Exercise goal:
Repeat only the lines below from the one containing "-- The bytes" through the one containing "(rw (bytes_of_token, found)", inclusive, exactly as written.

Data listing: Begin

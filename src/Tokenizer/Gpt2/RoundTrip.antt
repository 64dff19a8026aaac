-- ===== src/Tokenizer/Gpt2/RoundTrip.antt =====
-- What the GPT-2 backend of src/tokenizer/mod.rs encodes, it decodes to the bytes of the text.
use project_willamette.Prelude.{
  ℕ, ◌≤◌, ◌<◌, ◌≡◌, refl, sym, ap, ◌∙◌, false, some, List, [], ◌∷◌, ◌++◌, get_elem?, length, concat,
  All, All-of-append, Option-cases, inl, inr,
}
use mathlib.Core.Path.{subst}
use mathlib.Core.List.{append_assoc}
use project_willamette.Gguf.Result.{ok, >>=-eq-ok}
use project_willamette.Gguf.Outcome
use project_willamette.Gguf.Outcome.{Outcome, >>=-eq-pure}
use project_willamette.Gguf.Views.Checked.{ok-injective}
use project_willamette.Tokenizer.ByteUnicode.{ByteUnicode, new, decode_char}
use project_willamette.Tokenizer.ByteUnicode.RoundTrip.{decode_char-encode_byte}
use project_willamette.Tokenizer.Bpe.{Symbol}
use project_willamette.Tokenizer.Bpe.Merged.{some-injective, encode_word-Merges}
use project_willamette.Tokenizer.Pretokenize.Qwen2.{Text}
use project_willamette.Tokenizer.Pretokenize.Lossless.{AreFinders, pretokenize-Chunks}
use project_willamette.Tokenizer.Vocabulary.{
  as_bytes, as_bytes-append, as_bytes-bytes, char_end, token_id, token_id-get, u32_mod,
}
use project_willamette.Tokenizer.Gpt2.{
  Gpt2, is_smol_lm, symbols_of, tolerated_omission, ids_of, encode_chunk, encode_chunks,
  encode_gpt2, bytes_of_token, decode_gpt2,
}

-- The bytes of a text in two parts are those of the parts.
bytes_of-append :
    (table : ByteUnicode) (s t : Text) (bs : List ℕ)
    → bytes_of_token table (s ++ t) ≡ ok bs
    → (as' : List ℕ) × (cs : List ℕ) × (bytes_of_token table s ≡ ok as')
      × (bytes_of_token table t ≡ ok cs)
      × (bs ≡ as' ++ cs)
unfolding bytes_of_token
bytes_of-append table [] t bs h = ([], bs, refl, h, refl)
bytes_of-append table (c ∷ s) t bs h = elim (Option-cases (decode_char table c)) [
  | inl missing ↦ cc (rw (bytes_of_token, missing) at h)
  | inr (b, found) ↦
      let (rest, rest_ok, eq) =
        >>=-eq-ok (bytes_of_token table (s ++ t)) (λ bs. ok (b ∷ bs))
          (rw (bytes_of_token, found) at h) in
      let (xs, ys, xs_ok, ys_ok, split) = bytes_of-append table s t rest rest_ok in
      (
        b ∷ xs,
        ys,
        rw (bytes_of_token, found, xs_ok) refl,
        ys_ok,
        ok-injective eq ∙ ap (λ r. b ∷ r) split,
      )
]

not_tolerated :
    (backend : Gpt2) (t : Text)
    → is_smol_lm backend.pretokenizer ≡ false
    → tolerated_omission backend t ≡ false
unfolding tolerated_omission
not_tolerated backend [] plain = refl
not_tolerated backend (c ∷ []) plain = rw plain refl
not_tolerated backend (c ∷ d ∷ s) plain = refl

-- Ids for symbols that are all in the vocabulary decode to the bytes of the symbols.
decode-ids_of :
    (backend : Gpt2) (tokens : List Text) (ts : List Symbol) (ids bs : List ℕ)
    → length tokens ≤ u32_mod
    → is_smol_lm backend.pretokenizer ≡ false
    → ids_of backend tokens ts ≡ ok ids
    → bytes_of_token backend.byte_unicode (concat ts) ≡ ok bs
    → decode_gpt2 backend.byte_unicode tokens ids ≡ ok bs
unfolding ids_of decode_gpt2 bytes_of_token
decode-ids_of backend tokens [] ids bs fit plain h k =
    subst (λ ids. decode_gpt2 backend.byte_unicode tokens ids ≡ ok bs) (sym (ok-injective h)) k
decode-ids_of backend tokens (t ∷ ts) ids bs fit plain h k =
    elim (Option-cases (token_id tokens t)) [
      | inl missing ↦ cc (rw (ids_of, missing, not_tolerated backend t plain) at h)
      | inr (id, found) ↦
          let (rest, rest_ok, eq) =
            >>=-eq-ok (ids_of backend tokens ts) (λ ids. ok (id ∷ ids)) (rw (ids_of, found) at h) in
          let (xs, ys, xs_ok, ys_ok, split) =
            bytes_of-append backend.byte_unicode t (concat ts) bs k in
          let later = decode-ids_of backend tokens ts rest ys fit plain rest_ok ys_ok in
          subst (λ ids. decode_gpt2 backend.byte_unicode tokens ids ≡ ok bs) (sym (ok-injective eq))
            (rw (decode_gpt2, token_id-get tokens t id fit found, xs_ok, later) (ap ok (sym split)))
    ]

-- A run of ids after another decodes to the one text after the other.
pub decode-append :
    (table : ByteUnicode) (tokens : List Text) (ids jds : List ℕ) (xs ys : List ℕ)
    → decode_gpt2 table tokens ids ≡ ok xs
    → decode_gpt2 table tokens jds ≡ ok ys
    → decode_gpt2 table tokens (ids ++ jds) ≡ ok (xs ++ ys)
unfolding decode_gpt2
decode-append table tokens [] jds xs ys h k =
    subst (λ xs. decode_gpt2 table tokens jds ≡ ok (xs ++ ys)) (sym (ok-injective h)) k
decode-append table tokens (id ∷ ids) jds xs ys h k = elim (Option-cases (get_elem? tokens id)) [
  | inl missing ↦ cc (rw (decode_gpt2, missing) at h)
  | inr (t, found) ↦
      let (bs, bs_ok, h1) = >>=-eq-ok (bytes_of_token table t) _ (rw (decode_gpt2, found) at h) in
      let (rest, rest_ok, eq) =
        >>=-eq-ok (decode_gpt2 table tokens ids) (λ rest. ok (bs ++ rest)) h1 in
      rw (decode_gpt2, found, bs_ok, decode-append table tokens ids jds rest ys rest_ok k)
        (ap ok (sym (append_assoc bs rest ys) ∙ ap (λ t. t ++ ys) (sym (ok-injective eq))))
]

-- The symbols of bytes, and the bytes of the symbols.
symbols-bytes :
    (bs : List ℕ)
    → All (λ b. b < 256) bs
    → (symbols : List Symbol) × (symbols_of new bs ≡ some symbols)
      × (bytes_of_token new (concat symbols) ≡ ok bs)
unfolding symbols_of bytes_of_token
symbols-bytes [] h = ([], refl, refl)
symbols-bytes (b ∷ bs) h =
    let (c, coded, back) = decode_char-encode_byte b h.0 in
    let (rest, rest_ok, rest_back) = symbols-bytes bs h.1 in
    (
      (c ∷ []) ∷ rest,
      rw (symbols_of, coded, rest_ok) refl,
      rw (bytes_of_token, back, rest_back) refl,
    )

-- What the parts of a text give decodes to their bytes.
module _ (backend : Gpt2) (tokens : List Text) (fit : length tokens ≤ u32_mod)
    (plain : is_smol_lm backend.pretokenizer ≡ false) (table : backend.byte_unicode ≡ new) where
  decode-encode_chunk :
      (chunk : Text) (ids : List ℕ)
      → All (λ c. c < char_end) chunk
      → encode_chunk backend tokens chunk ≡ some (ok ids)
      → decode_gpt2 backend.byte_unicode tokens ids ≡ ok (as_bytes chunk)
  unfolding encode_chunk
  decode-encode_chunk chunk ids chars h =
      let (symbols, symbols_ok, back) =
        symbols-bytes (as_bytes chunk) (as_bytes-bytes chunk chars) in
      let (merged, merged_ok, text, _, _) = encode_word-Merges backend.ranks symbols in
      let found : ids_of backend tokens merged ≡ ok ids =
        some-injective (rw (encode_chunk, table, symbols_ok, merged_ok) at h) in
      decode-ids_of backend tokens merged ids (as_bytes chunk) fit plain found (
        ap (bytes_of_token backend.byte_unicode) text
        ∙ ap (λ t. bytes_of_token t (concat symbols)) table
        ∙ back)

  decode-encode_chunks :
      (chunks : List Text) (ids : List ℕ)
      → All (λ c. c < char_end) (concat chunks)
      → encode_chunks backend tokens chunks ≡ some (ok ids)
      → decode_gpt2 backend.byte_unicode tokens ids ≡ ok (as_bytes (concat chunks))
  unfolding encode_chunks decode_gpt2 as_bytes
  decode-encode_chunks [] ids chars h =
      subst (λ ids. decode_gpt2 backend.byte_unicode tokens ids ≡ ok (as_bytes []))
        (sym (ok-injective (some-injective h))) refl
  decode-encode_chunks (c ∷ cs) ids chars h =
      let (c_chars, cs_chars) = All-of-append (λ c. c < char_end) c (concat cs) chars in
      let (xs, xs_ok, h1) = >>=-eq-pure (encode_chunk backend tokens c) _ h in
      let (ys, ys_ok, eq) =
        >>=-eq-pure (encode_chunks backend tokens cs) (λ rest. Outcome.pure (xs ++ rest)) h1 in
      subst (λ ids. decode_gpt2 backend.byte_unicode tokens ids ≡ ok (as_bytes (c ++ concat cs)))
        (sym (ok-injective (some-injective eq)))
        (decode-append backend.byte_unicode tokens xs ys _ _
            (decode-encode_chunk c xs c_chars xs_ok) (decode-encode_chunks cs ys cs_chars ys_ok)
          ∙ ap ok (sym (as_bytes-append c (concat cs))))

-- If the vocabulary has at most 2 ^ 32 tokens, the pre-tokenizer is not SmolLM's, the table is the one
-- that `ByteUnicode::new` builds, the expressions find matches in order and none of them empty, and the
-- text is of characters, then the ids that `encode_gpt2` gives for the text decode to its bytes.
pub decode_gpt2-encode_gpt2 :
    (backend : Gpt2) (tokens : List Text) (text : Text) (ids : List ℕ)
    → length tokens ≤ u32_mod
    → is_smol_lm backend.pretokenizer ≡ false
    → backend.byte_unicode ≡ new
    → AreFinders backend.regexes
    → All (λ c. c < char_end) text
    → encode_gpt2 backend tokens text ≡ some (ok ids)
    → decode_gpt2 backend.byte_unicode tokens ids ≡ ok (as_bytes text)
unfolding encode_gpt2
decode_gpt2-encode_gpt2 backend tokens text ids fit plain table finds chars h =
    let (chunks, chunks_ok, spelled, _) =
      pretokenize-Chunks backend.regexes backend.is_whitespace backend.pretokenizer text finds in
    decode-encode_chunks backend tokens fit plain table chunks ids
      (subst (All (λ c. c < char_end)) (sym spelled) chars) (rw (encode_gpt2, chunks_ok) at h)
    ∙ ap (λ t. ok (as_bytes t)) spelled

Data listing: End

Task result:
-- The bytes of a text in two parts are those of the parts.
bytes_of-append :
    (table : ByteUnicode) (s t : Text) (bs : List ℕ)
    → bytes_of_token table (s ++ t) ≡ ok bs
    → (as' : List ℕ) × (cs : List ℕ) × (bytes_of_token table s ≡ ok as')
      × (bytes_of_token table t ≡ ok cs)
      × (bs ≡ as' ++ cs)
unfolding bytes_of_token
bytes_of-append table [] t bs h = ([], bs, refl, h, refl)
bytes_of-append table (c ∷ s) t bs h = elim (Option-cases (decode_char table c)) [
  | inl missing ↦ cc (rw (bytes_of_token, missing) at h)
  | inr (b, found) ↦
      let (rest, rest_ok, eq) =
        >>=-eq-ok (bytes_of_token table (s ++ t)) (λ bs. ok (b ∷ bs))
          (rw (bytes_of_token, found) at h) in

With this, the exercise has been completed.